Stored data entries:
################

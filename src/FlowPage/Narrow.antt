-- ===== src/FlowPage/Narrow.antt =====
-- The page selection where there are three or four pages.
use azkaban_private.Prelude.{ℕ, ◌≤◌, ◌==◌, ◌≡◌, none, some, arith, Bool-cases, inl, inr}
use azkaban_private.Prelude.Int.{ℤ, pos, negsuc, ◌≤ℤ◌}
use azkaban_private.FlowPage.{PageSelection, selection, drawn, render_pagination, change_page}

-- In a list of three or four pages, the selection for the third or fourth page is drawn, but its
-- first button is enabled and stands for a page before the first; and when that is clicked, the
-- next drawing throws.
render_pagination-narrow :
    (p n : ℕ) (old : PageSelection)
    → 3 ≤ p
    → p ≤ n
    → n ≤ 4
    → (s : PageSelection) × (q : ℤ) × (render_pagination (pos p) n old ≡ some s)
      × (change_page (s.button 1) (pos p) ≡ q)
      × (q ≤ℤ pos 0)
      × ((m : ℕ) → render_pagination q m s ≡ none)
unfolding render_pagination selection change_page
render_pagination-narrow p n old low high small = elim (Bool-cases (p == n)) [
  | inl e ↦ elim (Bool-cases (n == 3)) [
    | inl three ↦
        let s = drawn (negsuc 0) (pos 5) (pos p) n old in
        (s, negsuc 0, ground arith, ground arith, ground arith, λ m. ground arith)
    | inr four ↦
        let s = drawn (pos 0) (pos 5) (pos p) n old in
        (s, pos 0, ground arith, ground arith, ground arith, λ m. ground arith)
  ]
  | inr e ↦
      let s = drawn (pos 0) (pos 4) (pos p) n old in
      (s, pos 0, ground arith, ground arith, ground arith, λ m. ground arith)
]
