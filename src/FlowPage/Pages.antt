-- ===== src/FlowPage/Pages.antt =====
-- The page selection where there are five pages or more, and what the requests fetch.
use azkaban_private.Prelude.{
  ℕ, ◌+◌, ◌-◌, ◌*◌, ◌/◌, ◌≤◌, ◌<◌, ◌==◌, ◌≡◌, ltb, false, some, arith, Bool-cases, inl, inr, sym,
  subst,
}
use native.Mathlib.Nat.{div-mul-le_self, lt-div-mul-add, le-div_iff_mul-le}
use azkaban_private.Prelude.Int.{pos}
use azkaban_private.FlowPage.{
  PageSelection, total_or, num_pages, selection, drawn, render_pagination, page_request,
}

-- With five pages or more, the five buttons are consecutive pages of the list.
selection_cases :
    (p n : ℕ)
    → 1 ≤ p
    → p ≤ n
    → 5 ≤ n
    → (start position : ℕ) × (selection (pos p) n ≡ (pos start, pos position))
      × (1 ≤ start)
      × (start + 4 ≤ n)
      × (1 ≤ position)
      × (position ≤ 5)
      × (p + 1 ≡ start + position)
unfolding selection
selection_cases p n low high five = elim (Bool-cases (ltb p 3)) [
  | inl a ↦ (1, p, ground arith, omega arith, omega arith, omega arith, ground arith, omega arith)
  | inr a ↦ elim (Bool-cases (p == n)) [
    | inl b ↦
        (n - 4, 5, ground arith, omega arith, omega arith, omega arith, omega arith, ground arith)
    | inr b ↦ elim (Bool-cases (p == n - 1)) [
      | inl c ↦
          (n - 4, 4, ground arith, omega arith, omega arith, omega arith, omega arith, ground arith)
      | inr c ↦ (
        p - 2,
        3,
        ground arith,
        ground arith,
        ground arith,
        omega arith,
        omega arith,
        ground arith,
      )
    ]
  ]
]

-- For a page of a list of five pages or more: the selection is drawn, its five buttons are enabled
-- and stand for five consecutive pages of the list, exactly the button of the page is active, and
-- the buttons for the previous and the next page are enabled exactly if there is one, and lead there.
pub render_pagination-window :
    (p n : ℕ) (old : PageSelection)
    → 1 ≤ p
    → p ≤ n
    → 5 ≤ n
    → (start : ℕ) × (s : PageSelection) × (render_pagination (pos p) n old ≡ some s)
      × (1 ≤ start)
      × (start + 4 ≤ n)
      × ((i : ℕ)
          → 1 ≤ i
          → i ≤ 5
          → ((s.button i).disabled ≡ false)
            × ((s.button i).page ≡ some (pos (start + i - 1)))
            × ((s.button i).active ≡ (start + i - 1 == p)))
      × (s.previous.disabled ≡ (p == 1))
      × (1 < p → s.previous.page ≡ some (pos (p - 1)))
      × (s.next.disabled ≡ (p == n))
      × (s.next.page ≡ some (pos (p + 1)))
unfolding render_pagination
render_pagination-window p n old low high five =
    let (start, position, e, first, last, left, right, sum) = selection_cases p n low high five in
    (
      start,
      drawn (pos start) (pos position) (pos p) n old,
      rw (e, render_pagination) (ground arith),
      first,
      last,
      λ i i_low i_high. (ground arith, ground arith, ground arith),
      ground arith,
      λ more. ground arith,
      ground arith,
      ground arith,
    )

-- A page that the selection counts starts within the list.
page-inside :
    (total size r : ℕ)
    → 0 < size
    → 0 < total
    → r + 1 ≤ num_pages (some total) size
    → r * size < total
page-inside total size r positive some_left counted =
    let all : total_or (some total) ≡ total = ground arith in
    let fits : (r + 1) * size ≤ total + (size - 1) =
      (le-div_iff_mul-le positive).0 (subst (λ t. r + 1 ≤ (t + (size - 1)) / size) all counted) in
    omega arith

-- Every execution is fetched with some page: the execution number `i` of a list of `total` is in the
-- request of a page that the selection counts, and no page that it counts starts beyond the list.
pub page_request-covers :
    (total size i : ℕ)
    → 0 < size
    → i < total
    → ((p : ℕ) × (start : ℕ) × (1 ≤ p)
        × (p ≤ num_pages (some total) size)
        × (page_request (pos p) size ≡ (pos start, size))
        × (start ≤ i)
        × (i < start + size))
      × ((r : ℕ)
          → r + 1 ≤ num_pages (some total) size
          → (page_request (pos (r + 1)) size ≡ (pos (r * size), size)) × (r * size < total))
unfolding page_request
page_request-covers total size i positive inside =
    let low : i / size * size ≤ i = div-mul-le_self i size in
    let high : i < i / size * size + size = lt-div-mul-add positive in
    let longer : (i / size + 1) * size ≤ total + (size - 1) = omega arith in
    let counted : total_or (some total) ≡ total = ground arith in
    (
      (
        i / size + 1,
        i / size * size,
        omega arith,
        subst (λ t. i / size + 1 ≤ (t + (size - 1)) / size) (sym counted)
            ((le-div_iff_mul-le positive).1 longer),
        ground arith,
        low,
        high,
      ),
      λ r within. (ground arith, page-inside total size r positive (omega arith) within),
    )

################

Tell how many lines above hold "position", nothing more.

6